Technology is always evolving, so those companies. They started with software development, maintenance and services - now their major revenue comes from digitisation, cloud and new Tech. In future they may draw most businesses from Data analytics, Machine learning or AI etc.

The only risk is manpower in India becoming costly – in such scenarios they will shift their base to say other countries like Philippines etc. Such company level risk is easily mitigated.
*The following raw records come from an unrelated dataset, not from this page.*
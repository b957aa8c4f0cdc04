-- ===== src/Acl/Valid.antt =====
-- acl/radix_tree.go: heaps in which every pointer points to a node.
use vermouth.Prelude.{
  ℕ, zero, suc, refl, ap, inl, inr, none, some, List, [], arith, Option-cases, length, get_elem?,
  set, length-append, get_elem?-is_some, All, All-append, All-map, Go, ret, ◌≤◌, ◌<◌, ◌≡◌, ◌∙◌, ◌∷◌,
  ◌++◌, ◌>>=◌, nat_eq, str_eq,
}
use mathlib.Core.Path.{subst}
use vermouth.Acl.{RadixTree, RadixNode, Ptr, load, update, new_node, blank, new_radix_tree}

-- A pointer is nil or the index of one of n nodes.
abbrev pub PtrIn : ℕ → Ptr → Type 0
PtrIn n none = Unit
PtrIn n (some p) = p < n

pub record NodeIn (n : ℕ) (x : RadixNode) : Type 0 where
  pub right : PtrIn n x.right
  pub left : PtrIn n x.left
  pub parent : PtrIn n x.parent

pub record IsValid (t : RadixTree) : Type 0 where
  pub nodes : All (NodeIn (length t.nodes)) t.nodes
  pub root : (r : ℕ) × (t.root ≡ some r) × (r < length t.nodes)
  pub free : PtrIn (length t.nodes) t.free

PtrIn-mono : (n m : ℕ) (p : Ptr) → n ≤ m → PtrIn n p → PtrIn m p
PtrIn-mono n m none h k = tt
PtrIn-mono n m (some p) h k = omega arith

pub NodeIn-mono : (n m : ℕ) (x : RadixNode) → n ≤ m → NodeIn n x → NodeIn m x
NodeIn-mono n m x h k = record {
  right = PtrIn-mono n m x.right h k.right;
  left = PtrIn-mono n m x.left h k.left;
  parent = PtrIn-mono n m x.parent h k.parent;
}

All-at :
    {A : Type 0} (P : A → Type 0) (xs : List A) (i : ℕ) (x : A)
    → All P xs
    → get_elem? xs i ≡ some x
    → P x
All-at P [] i x h e = cc
All-at P (y ∷ xs) zero x (p, h) e = let s : y ≡ x = cc in subst P s p
All-at P (y ∷ xs) (suc i) x (p, h) e = All-at P xs i x h e

All-set :
    {A : Type 0} (P : A → Type 0) (xs : List A) (i : ℕ) (x : A)
    → All P xs
    → P x
    → All P (set xs i x)
All-set P [] i x h p = tt
All-set P (y ∷ xs) zero x (q, h) p = (p, h)
All-set P (y ∷ xs) (suc i) x (q, h) p = (q, All-set P xs i x h p)

pub length-set : {A : Type 0} (xs : List A) (i : ℕ) (x : A) → length (set xs i x) ≡ length xs
length-set [] i x = refl
length-set (y ∷ xs) zero x = refl
length-set (y ∷ xs) (suc i) x = ap suc (length-set xs i x)

-- A load of a pointer that is in bounds gives a node whose pointers are.
pub load-ret :
    (t : RadixTree) (p : ℕ)
    → IsValid t
    → p < length t.nodes
    → (n : RadixNode) × (load t (some p) ≡ ret n) × NodeIn (length t.nodes) n
unfolding load
load-ret t p v h =
    let (n, e) = get_elem?-is_some t.nodes p h in
    (n, rw (e, load) refl, All-at (NodeIn (length t.nodes)) t.nodes p n v.nodes e)

-- An update that puts pointers in bounds keeps the heap valid, and its size.
pub update-ret :
    (t : RadixTree) (p : ℕ) (f : RadixNode → RadixNode)
    → IsValid t
    → p < length t.nodes
    → ((n : RadixNode) → NodeIn (length t.nodes) n → NodeIn (length t.nodes) (f n))
    → (t' : RadixTree) × (update t (some p) f ≡ ret t')
      × IsValid t'
      × (length t'.nodes ≡ length t.nodes)
unfolding update
update-ret t p f v h keep =
    let (n, e, i) = load-ret t p v h in
    let same = length-set t.nodes p (f n) in
    (
      record t { nodes = set t.nodes p (f n) },
      rw (e, update) refl,
      record {
        nodes = rw same (All-set (NodeIn (length t.nodes)) t.nodes p (f n) v.nodes (keep n i));
        root = rw same v.root;
        free = rw same v.free;
      },
      same,
    )

pub new-IsValid : IsValid new_radix_tree
unfolding new_radix_tree
new-IsValid = record {
  nodes = (record { right = tt; left = tt; parent = tt }, tt);
  root = (0, refl, omega arith);
  free = tt;
}

-- newNode as a function of the free list.
from_list : RadixTree → Ptr → Go (Ptr × RadixTree)
from_list t none = ret (some (length t.nodes), record t { nodes = t.nodes ++ blank ∷ [] })
from_list t (some p) = load t (some p) >>= λ n. ret (some p, record t { free = n.right })

new_node-from_list : (t : RadixTree) (f : Ptr) → t.free ≡ f → new_node t ≡ from_list t f
unfolding new_node from_list
new_node-from_list t f h = at t.free ∙ ap (from_list t) h
  where
    at :
        (g : Ptr)
        → ◌≡◌ {A = Go (Ptr × RadixTree)}
            (elim g [
              | none ↦ ret (some (length t.nodes), record t { nodes = t.nodes ++ blank ∷ [] })
              | some p ↦ (load t (some p) >>= λ n. ret (some p, record t { free = n.right }))
            ])
            (from_list t g)
    at none = refl
    at (some p) = refl

-- A new node is in bounds, and the heap is no smaller.
pub new_node-ret :
    (t : RadixTree)
    → IsValid t
    → (p : ℕ) × (t' : RadixTree) × (new_node t ≡ ret (some p, t'))
      × IsValid t'
      × (p < length t'.nodes)
      × (length t.nodes ≤ length t'.nodes)
unfolding from_list
new_node-ret t v = elim (Option-cases t.free) [
  | inl nothing ↦
      (let longer = length-append t.nodes (blank ∷ []) in
        let one : length (blank ∷ []) ≡ 1 = refl in
        (
          length t.nodes,
          record t { nodes = t.nodes ++ blank ∷ [] },
          new_node-from_list t none nothing,
          record {
            nodes =
                All-append _ t.nodes (blank ∷ [])
                  (All-map
                    (λ x h.
                      NodeIn-mono (length t.nodes) (length (t.nodes ++ blank ∷ [])) x (omega arith)
                        h)
                    t.nodes v.nodes)
                  (record { right = tt; left = tt; parent = tt }, tt);
            root = (v.root.0, v.root.1, omega (arith, v.root.2));
            free = rw nothing tt;
          },
          omega arith,
          omega arith,
        ))
  | inr (p, there) ↦
      (let inside : p < length t.nodes = rw there at v.free in
        let (n, e, i) = load-ret t p v inside in
        (
          p,
          record t { free = n.right },
          new_node-from_list t (some p) there
              ∙ ap (λ m. m >>= λ x. ret (some p, record t { free = x.right })) e,
          record { nodes = v.nodes; root = v.root; free = i.right },
          inside,
          omega arith,
        ))
]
Current surge in manpower is temporarily to match increasing demand. Demand increases, you can observe around you – Just one example - I am surprised that educational institutes (considered as laggards in tech usages) are forced to use sophisticated tools to conduct online exams. Similarly large companies globally need to use technology for tasks they are doing offline till date.

Like manpower – cost saving due to work from home may not be permanent for most companies, mostly they use hybrid models, but as per my view that do not have significant long term effects.

And lastly TCS market cap is higher than the whole pharma pack and so its revenue and profit. Long term investors who want a consistent compounder should not ignore the IT sector.